== Segment start ==

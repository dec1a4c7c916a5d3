-- ===== src/Postgres/Keys.antt =====
-- The primary key of a table of internal/postgresstore/store.go, and tables whose rows are moved apart.
use mcp_ironclaw.Prelude.{
  ℕ, refl, ◌∙◌, ◌≡◌, inl, inr, Bool, false, not, ◌||◌, [], ◌∷◌, ◌++◌, select, arith, Bool-cases,
}
use mcp_ironclaw.Go.Int64.{sum64}
use mcp_ironclaw.Go.Text.{Text, text_eq_iff}
use mcp_ironclaw.Domain.Key.{AggregateWindow}
use mcp_ironclaw.Postgres.Statements.{Table, column_sum, conflicts, insert_window, same_row}
use mcp_ironclaw.Postgres.Partitions.{insert_all}

-- The primary key: no two rows of a table have the same one.
unfoldable pub IsKeyed : Table → Type 0
IsKeyed [] = Unit
IsKeyed (w ∷ rows) = (conflicts w rows ≡ false) × IsKeyed rows

same_row-sym : (a b : AggregateWindow) → same_row a b ≡ same_row b a
unfolding same_row
same_row-sym a b = ground (
  arith,
  text_eq_iff a.user_id b.user_id,
  text_eq_iff b.user_id a.user_id,
  text_eq_iff a.device_id b.device_id,
  text_eq_iff b.device_id a.device_id,
  text_eq_iff a.pod_id b.pod_id,
  text_eq_iff b.pod_id a.pod_id,
)

conflicts-append :
    (w : AggregateWindow) (xs ys : Table)
    → conflicts w (xs ++ ys) ≡ (conflicts w xs || conflicts w ys)
unfolding conflicts
conflicts-append w [] ys = refl
conflicts-append w (x ∷ xs) ys = ground (arith, conflicts-append w xs ys)

insert-IsKeyed :
    (w : AggregateWindow) (xs ys : Table)
    → conflicts w (xs ++ ys) ≡ false
    → IsKeyed (xs ++ ys)
    → IsKeyed (xs ++ w ∷ ys)
unfolding IsKeyed conflicts
insert-IsKeyed w [] ys c k = (c, k)
insert-IsKeyed w (x ∷ xs) ys c k = ground (
  arith,
  insert-IsKeyed w xs ys,
  conflicts-append x xs (w ∷ ys),
  conflicts-append x xs ys,
  same_row-sym x w,
)

-- The place of a row does not matter to a sum.
device_sum-middle :
    (f : AggregateWindow → ℕ) (user device : Text) (w : AggregateWindow) (xs ys : Table)
    → column_sum f user device (xs ++ w ∷ ys) ≡ column_sum f user device (w ∷ (xs ++ ys))
unfolding select sum64
device_sum-middle f user device w [] ys = refl
device_sum-middle f user device w (x ∷ xs) ys =
    ground (arith, device_sum-middle f user device w xs ys)

module _ (p : AggregateWindow → Bool) where
  abbrev pub apart : Table → Table → Table
  apart xs ys = select (λ w. not (p w)) xs ++ (select p xs ++ ys)

  conflicts-apart :
      (w : AggregateWindow) (xs ys : Table) → conflicts w (apart xs ys) ≡ conflicts w (xs ++ ys)
  unfolding conflicts select
  conflicts-apart w [] ys = refl
  conflicts-apart w (x ∷ xs) ys = ground (
    arith,
    conflicts-apart w xs ys,
    conflicts-append w (select (λ w. not (p w)) xs) (select p xs ++ ys),
    conflicts-append w (select (λ w. not (p w)) xs) (x ∷ (select p xs ++ ys)),
  )

  pub apart-IsKeyed : (xs ys : Table) → IsKeyed (xs ++ ys) → IsKeyed (apart xs ys)
  unfolding IsKeyed select
  apart-IsKeyed [] ys k = k
  apart-IsKeyed (x ∷ xs) ys k = elim (Bool-cases (p x)) [
    | inl e ↦ rw e (
        insert-IsKeyed x (select (λ w. not (p w)) xs) (select p xs ++ ys)
          (conflicts-apart x xs ys ∙ k.0) (apart-IsKeyed xs ys k.1))
    | inr e ↦ rw e (conflicts-apart x xs ys ∙ k.0, apart-IsKeyed xs ys k.1)
  ]

  select-conflicts :
      (w : AggregateWindow) (xs ys : Table)
      → conflicts w (xs ++ ys) ≡ false
      → conflicts w (select p xs ++ ys) ≡ false
  unfolding conflicts select
  select-conflicts w [] ys c = c
  select-conflicts w (x ∷ xs) ys c = ground (arith, select-conflicts w xs ys)

  pub insert_all-append :
      (xs ys : Table) → IsKeyed (xs ++ ys) → insert_all (select p xs) ys ≡ select p xs ++ ys
  unfolding insert_all insert_window IsKeyed select
  insert_all-append [] ys k = refl
  insert_all-append (x ∷ xs) ys k =
      ground (arith, insert_all-append xs ys k.1, select-conflicts x xs ys k.0)

  pub device_sum-apart :
      (f : AggregateWindow → ℕ) (user device : Text) (xs ys : Table)
      → column_sum f user device (apart xs ys) ≡ column_sum f user device (xs ++ ys)
  unfolding select sum64
  device_sum-apart f user device [] ys = refl
  device_sum-apart f user device (x ∷ xs) ys = ground (
    arith,
    device_sum-apart f user device xs ys,
    device_sum-middle f user device x (select (λ w. not (p w)) xs) (select p xs ++ ys),
  )
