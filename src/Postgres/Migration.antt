-- ===== src/Postgres/Migration.antt =====
-- internal/postgresstore/store.go: what the migration out of the default partition keeps.
use mcp_ironclaw.Prelude.{
  ℕ, zero, suc, ap, refl, sym, subst, ◌∙◌, ◌+◌, ◌*◌, ◌≡◌, ◌⊎◌, inl, inr, true, none, List, [], ◌∷◌,
  ◌++◌, arith, if◌then◌else◌, Option-cases, Bool-cases,
}
use mcp_ironclaw.Go.Text.{Text}
use mcp_ironclaw.Domain.Errors.{Result-cases}
use mcp_ironclaw.Domain.Key.{AggregateWindow}
use mcp_ironclaw.Postgres.Statements.{column_sum}
use mcp_ironclaw.Postgres.Partitions.{
  day_length, start_of_day, Connection, IsTransactional, Statement, Tables,
  adopt_from_default_partition, adoption, ensure_from, ensure_partition, ensure_partitions,
  in_range, perform, run_statements, visible,
}
use mcp_ironclaw.Postgres.Keys.{IsKeyed, apart-IsKeyed, insert_all-append, device_sum-apart}

-- The tables with the default partition attached, and the primary key kept.
record IsIntact (t : Tables) : Type 0 where
  attached : t.attached ≡ true
  keyed : IsKeyed (visible t)

-- One state of the tables after another: still intact, with the sums of every device.
record IsKept (t t' : Tables) : Type 0 where
  intact : IsIntact t'
  sums :
      (f : AggregateWindow → ℕ) (user device : Text)
      → column_sum f user device (visible t') ≡ column_sum f user device (visible t)

unfoldable perform_all : ℕ → ℕ → List Statement → Tables → Tables
perform_all start end [] t = t
perform_all start end (st ∷ rest) t = perform_all start end rest (perform start end st t)

adopted-IsKept :
    (start end : ℕ) (t : Tables) → IsIntact t → IsKept t (perform_all start end adoption t)
unfolding perform_all perform
adopted-IsKept start end t h =
    let p = in_range start end in
    let keyed : IsKeyed (t.default_rows ++ t.daily_rows) =
      subst (λ b. IsKeyed ((if b then t.default_rows else []) ++ t.daily_rows)) h.attached
        h.keyed in
    let moved = insert_all-append p t.default_rows t.daily_rows keyed in
    record {
      intact = record {
        attached = refl;
        keyed = rw moved (apart-IsKeyed p t.default_rows t.daily_rows keyed);
      };
      sums = λ f user device.
          rw (moved, h.attached) (device_sum-apart p f user device t.default_rows t.daily_rows);
    }

module _ {W T : Type 0} (c : Connection W T) (tables : W → Tables) (inside : T → Tables) where
  module _ (laws : IsTransactional c tables inside) where
    run_statements-all :
        (start end : ℕ) (sts : List Statement) (t : T)
        → (run_statements c start end sts t).1 ≡ none
        → inside (run_statements c start end sts t).0 ≡ perform_all start end sts (inside t)
    unfolding run_statements perform_all
    run_statements-all start end [] t e = refl
    run_statements-all start end (st ∷ rest) t e = elim (Option-cases (c.exec start end st t).1) [
      | inr (x, f) ↦ absurd (ground arith)
      | inl f ↦
          rw (f, run_statements)
            (run_statements-all start end rest (c.exec start end st t).0 (ground arith)
              ∙ ap (perform_all start end rest) (laws.executed start end st t f))
    ]

    -- Whatever fails, the migration has been made whole or has changed nothing.
    adopt-atomic :
        (start end : ℕ) (x : W)
        → let t = tables (adopt_from_default_partition c start end x).0 in
          (t ≡ tables x) ⊎ (t ≡ perform_all start end adoption (tables x))
    unfolding adopt_from_default_partition
    adopt-atomic start end x = elim (Result-cases (c.begin x).1) [
      | inl (e, f) ↦ rw (f, adopt_from_default_partition) (inl (laws.begun x))
      | inr (t, f) ↦
          let t' = (run_statements c start end adoption t).0 in
          elim (Option-cases (run_statements c start end adoption t).1) [
            | inr (e, g) ↦
                rw (f, g, adopt_from_default_partition)
                  (inl (laws.rolled_back t' (c.begin x).0 ∙ laws.begun x))
            | inl g ↦
                let done =
                  run_statements-all start end adoption t g
                  ∙ ap (perform_all start end adoption) (laws.isolated x t f) in
                rw (f, g, adopt_from_default_partition)
                  (elim (Option-cases (c.commit t' (c.begin x).0).1) [
                    | inl q ↦ inr (laws.committed t' (c.begin x).0 q ∙ done)
                    | inr (e, q) ↦ elim (laws.commit_failed t' (c.begin x).0 e q) [
                      | inl r ↦ inl (r ∙ laws.begun x)
                      | inr r ↦ inr (r ∙ done)
                    ]
                  ])
          ]
    ]

    same-IsKept : (t t' : Tables) → t' ≡ t → IsIntact t → IsKept t t'
    same-IsKept t t' e h = rw e (record { intact = h; sums = λ f user device. refl })

    adopt-IsKept :
        (start end : ℕ) (x : W)
        → IsIntact (tables x)
        → IsKept (tables x) (tables (adopt_from_default_partition c start end x).0)
    adopt-IsKept start end x h = elim (adopt-atomic start end x) [
      | inl e ↦ same-IsKept _ _ e h
      | inr e ↦ rw e (adopted-IsKept start end (tables x) h)
    ]

    ensure_partition-IsKept :
        (day : ℕ) (x : W)
        → IsIntact (tables x)
        → IsKept (tables x) (tables (ensure_partition c day x).0)
    unfolding ensure_partition
    ensure_partition-IsKept day x h =
        let start = start_of_day day in
        let (x', failure) = c.ensure start (start + day_length) x in
        let same = laws.ensured start (start + day_length) x in
        let adopted = adopt-IsKept start (start + day_length) x' (subst IsIntact (sym same) h) in
        elim (Option-cases failure) [
          | inl f ↦ rw (f, ensure_partition) (same-IsKept _ _ same h)
          | inr (e, f) ↦ elim (Bool-cases (c.is_check_violation e)) [
            | inr g ↦ rw (f, g, ensure_partition) (same-IsKept _ _ same h)
            | inl g ↦
                rw (f, g, ensure_partition)
                  (subst
                    (λ t.
                      IsKept t
                        (tables (adopt_from_default_partition c start (start + day_length) x').0))
                    same adopted)
          ]
        ]

    ensure_from-IsKept :
        (start offset days : ℕ) (x : W)
        → IsIntact (tables x)
        → IsKept (tables x) (tables (ensure_from c start offset days x).0)
    unfolding ensure_from
    ensure_from-IsKept start offset zero x h = same-IsKept _ _ refl h
    ensure_from-IsKept start offset (suc days) x h =
        let day = start + offset * day_length in
        let first = ensure_partition-IsKept day x h in
        let x' = (ensure_partition c day x).0 in
        let rest = ensure_from-IsKept start (suc offset) days x' first.intact in
        elim (Option-cases (ensure_partition c day x).1) [
          | inr (e, f) ↦ rw (f, ensure_from) first
          | inl f ↦
              rw (f, ensure_from)
                (record {
                  intact = rest.intact;
                  sums = λ g u d. rest.sums g u d ∙ first.sums g u d;
                })
        ]

    -- Making the partitions of any days keeps what the store has counted, whichever statement fails and
    -- also when a transaction is committed but reports an error: no two rows have one primary key, the
    -- default partition is attached, and the sums of each device, over any column, are as they were,
    -- although rows have moved. The table must have been so before.
    pub ensure_partitions-keeps :
        (start days : ℕ) (x : W)
        → (tables x).attached ≡ true
        → IsKeyed (visible (tables x))
        → let t = tables (ensure_partitions c start days x).0 in
          (t.attached ≡ true)
          × IsKeyed (visible t)
          × ((f : AggregateWindow → ℕ) (user device : Text)
              → column_sum f user device (visible t)
                ≡ column_sum f user device (visible (tables x)))
    ensure_partitions-keeps start days x a k =
        let p = ensure_from-IsKept start 0 days x (record { attached = a; keyed = k }) in
        (p.intact.attached, p.intact.keyed, p.sums)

== Segment end ==

_YOUR ASSIGNMENT_
Each line from the top of the records through the one with "ground (arith, device_sum-middle" should be returned exactly. Leave out everything else.

_RESPONSE AREA_
repository dec1a4c7c916a5d3
-- ===== src/Postgres/Keys.antt =====
-- The primary key of a table of internal/postgresstore/store.go, and tables whose rows are moved apart.
use mcp_ironclaw.Prelude.{
  ℕ, refl, ◌∙◌, ◌≡◌, inl, inr, Bool, false, not, ◌||◌, [], ◌∷◌, ◌++◌, select, arith, Bool-cases,
}
use mcp_ironclaw.Go.Int64.{sum64}
use mcp_ironclaw.Go.Text.{Text, text_eq_iff}
use mcp_ironclaw.Domain.Key.{AggregateWindow}
use mcp_ironclaw.Postgres.Statements.{Table, column_sum, conflicts, insert_window, same_row}
use mcp_ironclaw.Postgres.Partitions.{insert_all}

-- The primary key: no two rows of a table have the same one.
unfoldable pub IsKeyed : Table → Type 0
IsKeyed [] = Unit
IsKeyed (w ∷ rows) = (conflicts w rows ≡ false) × IsKeyed rows

same_row-sym : (a b : AggregateWindow) → same_row a b ≡ same_row b a
unfolding same_row
same_row-sym a b = ground (
  arith,
  text_eq_iff a.user_id b.user_id,
  text_eq_iff b.user_id a.user_id,
  text_eq_iff a.device_id b.device_id,
  text_eq_iff b.device_id a.device_id,
  text_eq_iff a.pod_id b.pod_id,
  text_eq_iff b.pod_id a.pod_id,
)

conflicts-append :
    (w : AggregateWindow) (xs ys : Table)
    → conflicts w (xs ++ ys) ≡ (conflicts w xs || conflicts w ys)
unfolding conflicts
conflicts-append w [] ys = refl
conflicts-append w (x ∷ xs) ys = ground (arith, conflicts-append w xs ys)

insert-IsKeyed :
    (w : AggregateWindow) (xs ys : Table)
    → conflicts w (xs ++ ys) ≡ false
    → IsKeyed (xs ++ ys)
    → IsKeyed (xs ++ w ∷ ys)
unfolding IsKeyed conflicts
insert-IsKeyed w [] ys c k = (c, k)
insert-IsKeyed w (x ∷ xs) ys c k = ground (
  arith,
  insert-IsKeyed w xs ys,
  conflicts-append x xs (w ∷ ys),
  conflicts-append x xs ys,
  same_row-sym x w,
)

-- The place of a row does not matter to a sum.
device_sum-middle :
    (f : AggregateWindow → ℕ) (user device : Text) (w : AggregateWindow) (xs ys : Table)
    → column_sum f user device (xs ++ w ∷ ys) ≡ column_sum f user device (w ∷ (xs ++ ys))
unfolding select sum64
device_sum-middle f user device w [] ys = refl
device_sum-middle f user device w (x ∷ xs) ys =
    ground (arith, device_sum-middle f user device w xs ys)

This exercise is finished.